According to iconic music presenter and DJ Bob Harris, John Lennon believed Elvis Presley was a "right-wing Southern bigot", and the pair were apparently "resentful" rivals when the pair met in the 60s.
In a new interview on the Rockonteurs podcast, Harris revealed that it was "hate at first sight" when the two musicians first met, and also that president Richard Nixon had tasked his "good friend" Elvis to spy on John Lennon, due to Lennon's very public criticism of the Vietnam war.
Within the conversation, Harris tells hosts Gary Kemp and Guy Pratt that allegedly, Nixon saw Lennon as a "counter-culture enemy”, who he tried repeatedly to deport. During his time as president, Nixon vowed that if Lennon ever left the United States during his tenure, he wouldn’t be permitted to re-enter the country.
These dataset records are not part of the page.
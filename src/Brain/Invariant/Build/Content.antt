-- ===== src/Brain/Invariant/Build/Content.antt =====
-- brain_local.go, neuron.go and link.go of brainlocal: what `BuildBrain` takes over from the
-- blueprint.
use rmodel.Blueprint.Brainprint.{Brainprint, list_links, list_neurons, values}
use rmodel.Blueprint.Graph.{IsGraph}
use rmodel.Blueprint.Neuron.{
  Neuron, format, has_in_link, has_out_link, keys, list_cast_groups, list_trigger_groups, or_empty,
  trigger_groups_deep_copy,
}
use rmodel.Brain.{Brain, BrainLink, BrainNeuron, no_count}
use rmodel.Brain.Invariant.{IsWired}
use rmodel.Brain.Invariant.Build.{
  IsHarmless, build_brain-IsStopped, built_links_ids, dest_is-some, ids_of, src_is-some,
}
use rmodel.Brain.Invariant.Build.Groups.{Exist, format_into-Exist, in_some_group-Exist}
use rmodel.Brain.Invariant.Build.Lookups.{
  format_into-map, link_of, lookup-build_links, lookup-build_neurons, lookup-point_groups,
  mapped_keys, or_none,
}
use rmodel.Brain.Invariant.Start.{IsStopped}
use rmodel.Brain.Life.{
  apply_options, build_brain, build_links, new_brain_neuron, with_id, with_neuron_queue_len,
  with_neuron_worker_num,
}
use rmodel.Brain.Queue.{is_shutdown}
use rmodel.Core.{neuron_inactive}
use rmodel.Shared.{
  All, Bool, List, Option, String, [], ap, is_some, map, none, option_map, refl, some, subst, sym,
  true, ℕ, ℤ, ◌∙◌, ◌∷◌, ◌≡◌,
}
use rmodel.Shared.Maps.{Distinct, Map, entries_hold, lookup}
use rmodel.Utils.Copies.{
  Fresh-nil, copy_into_all, lookup-map_values, map_values, map_values-Distinct,
}

-- The neuron of the brain has what the neuron of the blueprint has, with a pointer for each link of
-- each group, and it has not run.
abbrev pub Matches : Neuron → BrainNeuron → Type 0
Matches n m =
    (m.id ≡ n.id)
    × (m.processor ≡ n.processor)
    × (m.selector ≡ n.selector)
    × (m.state ≡ neuron_inactive)
    × (m.count ≡ no_count)
    × ((name : String)
        → lookup name m.trigger_groups ≡ option_map (map some) (lookup name n.trigger_groups))
    × ((name : String)
        → lookup name m.cast_groups
          ≡ option_map (λ s. map some (keys s)) (lookup name (or_empty n.cast_groups)))

abbrev pub MatchesAt : Option Neuron → Option BrainNeuron → Type 0
MatchesAt none none = Unit
MatchesAt (some n) (some m) = Matches n m
MatchesAt _ _ = ⊥

module _ (ids : String → Bool) (links : Map BrainLink)
    (there : (k : String) → is_some (lookup k links) ≡ ids k) where
  new_brain_neuron-Matches :
      (n : Neuron)
      → Distinct n.trigger_groups
      → Distinct (or_empty n.cast_groups)
      → ((x : String) → has_in_link n x ≡ true → ids x ≡ true)
      → ((x : String) → has_out_link n x ≡ true → ids x ≡ true)
      → Matches n (new_brain_neuron n links)
  unfolding new_brain_neuron list_trigger_groups list_cast_groups has_in_link has_out_link
      trigger_groups_deep_copy format lookup
  new_brain_neuron-Matches n d c ins outs =
      let tgs = copy_into_all n.trigger_groups d in
      let cgs = or_empty n.cast_groups in
      let formatted = format_into-map cgs [] c (Fresh-nil (List String) cgs) in
      let held = subst (Exist ids) formatted (format_into-Exist ids cgs [] outs tt) in
      (
        refl,
        refl,
        refl,
        refl,
        refl,
        λ name. rw tgs (
            lookup-point_groups ids links n.trigger_groups [] name there d
              (in_some_group-Exist ids n.trigger_groups ins)
            ∙ or_none (option_map (map some) (lookup name n.trigger_groups))),
        λ name. rw formatted (
            lookup-point_groups ids links (map_values keys cgs) [] name there
              (map_values-Distinct keys cgs c) held
            ∙ or_none (option_map (map some) (lookup name (map_values keys cgs)))
            ∙ ap (option_map (map some)) (lookup-map_values keys name cgs)
            ∙ mapped_keys (lookup name cgs)),
      )

  Matches-at :
      (o : Option Neuron) (r : Option BrainNeuron)
      → r ≡ option_map (λ n. new_brain_neuron n links) o
      → ((n : Neuron) → o ≡ some n → Matches n (new_brain_neuron n links))
      → MatchesAt o r
  Matches-at none r e h = subst (MatchesAt none) (sym e) tt
  Matches-at (some n) r e h = subst (MatchesAt (some n)) (sym e) (h n refl)

-- An option that sets neither a map nor the state of the brain, as those of options.go.
abbrev pub KeepsGraph : {M : Type 0} → (Brain M → Brain M) → Type 0
KeepsGraph {M = M} opt =
    (b : Brain M)
    → ((opt b).links ≡ b.links) × ((opt b).neurons ≡ b.neurons) × ((opt b).state ≡ b.state)

apply_options-KeepsGraph :
    {M : Type 0} (opts : List (Brain M → Brain M))
    → All KeepsGraph opts
    → KeepsGraph (apply_options opts)
unfolding apply_options
apply_options-KeepsGraph [] h b = (refl, refl, refl)
apply_options-KeepsGraph (opt ∷ opts) h b =
    let (l, n, s) = h.0 b in
    let (l', n', s') = apply_options-KeepsGraph opts h.1 (opt b) in (l' ∙ l, n' ∙ n, s' ∙ s)

KeepsGraph-IsHarmless :
    {M : Type 0} (ids : String → Bool) (opts : List (Brain M → Brain M))
    → All KeepsGraph opts
    → All (IsHarmless ids) opts
KeepsGraph-IsHarmless ids [] h = tt
KeepsGraph-IsHarmless ids (opt ∷ opts) h = (
  λ b w.
      let (l, n, s) = h.0 b in
      record {
        wired =
            subst (λ ns. IsWired ids (opt b).links ns) (sym n)
              (subst (λ ls. IsWired ids ls b.neurons) (sym l) w.wired);
        stopped = ap is_shutdown s ∙ w.stopped;
      },
  KeepsGraph-IsHarmless ids opts h.1,
)

pub options-KeepsGraph :
    {M : Type 0} (n : ℕ) (len : ℤ) (id : String)
    → KeepsGraph {M = M} (with_neuron_worker_num n)
      × KeepsGraph {M = M} (with_neuron_queue_len len)
      × KeepsGraph {M = M} (with_id id)
unfolding with_neuron_worker_num with_neuron_queue_len with_id
options-KeepsGraph n len id =
    (λ b. (refl, refl, refl), λ b. (refl, refl, refl), λ b. (refl, refl, refl))

-- A brain that is built from a well formed blueprint with options that set neither a map nor the
-- state, as those of options.go: it is shut down and well
-- formed; under each id it has a link exactly where the
-- blueprint has one, with the same ends and in its initial state; and under each id it has a neuron
-- exactly where the blueprint has one, inactive, with the same processor and selector and the same
-- groups under the same names, each with a pointer to a link of the brain for every link that the
-- blueprint's group has, in its order.
pub build_brain_lem :
    {M : Type 0} (id : String) (memory : M) (b : Brainprint) (opts : List (Brain M → Brain M))
    → IsGraph b
    → All KeepsGraph opts
    → IsStopped (ids_of b) (build_brain id memory b opts)
      × ((k : String)
          → lookup k (build_brain id memory b opts).links ≡ option_map link_of (lookup k b.links))
      × ((k : String)
          → MatchesAt (lookup k b.neurons) (lookup k (build_brain id memory b opts).neurons))
unfolding build_brain list_links list_neurons lookup
build_brain_lem id memory b opts g h =
    let links = build_links (values b.links) [] in
    let (ls, ns, st) = apply_options-KeepsGraph opts h _ in
    let harmless = KeepsGraph-IsHarmless (ids_of b) opts h in
    let linked = λ (k : String).
      lookup-build_links b.links [] k g.links_distinct
        (entries_hold (λ j l. l.id ≡ j) b.links g.links_distinct g.link_keys)
      ∙ or_none (option_map link_of (lookup k b.links)) in
    let there = λ (k : String). built_links_ids b k g in
    (
      build_brain-IsStopped id memory b opts g harmless,
      λ k. ap (lookup k) ls ∙ linked k,
      λ k.
          Matches-at (ids_of b) links there (lookup k b.neurons) _
            (ap (lookup k) ns
              ∙ lookup-build_neurons links b.neurons [] k g.neurons_distinct
                  (entries_hold (λ j n. n.id ≡ j) b.neurons g.neurons_distinct g.neuron_ids)
              ∙ or_none (option_map (λ n. new_brain_neuron n links) (lookup k b.neurons)))
            (λ n e.
              new_brain_neuron-Matches (ids_of b) links there n (g.antichains k n e).distinct
                (g.casts_distinct k n e)
                (λ x q. dest_is-some k (lookup x b.links) (sym (g.in_links k n e x) ∙ q))
                (λ x q. src_is-some k (lookup x b.links) (sym (g.out_links k n e x) ∙ q))),
    )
Harris explains: "It sounded like it was almost a figment of [Lennon’s] imagination when he was saying, ‘My phone was tapped, I get followed everywhere’ — but it was true; he really did.
“Nixon was out to get him and that’s why John was stuck in New York, or stuck in the States: he knew, were he to come back to the UK, he’d never get back into America again. Not while Nixon was in the White House.
"Nixon was a great friend of Elvis and vice versa. Nixon had [instructed] Elvis to gather as much information about John Lennon as he possibly could.”
Harris goes on to state that despite being a fan of Elvis' music, Lennon was disappointed when meeting 'The King of Rock and Roll', as he believed him to be a "right-wing southern bigot".
"For John it was a very disillusioning moment because he loved Elvis’s records, so… to discover he was a right-wing southern bigot was a big shock,” he continues.
“Equally, Elvis saw Lennon as being this upstart Liverpudlian know-it-all who’d taken his crown. He usurped Elvis and he was resentful as hell.”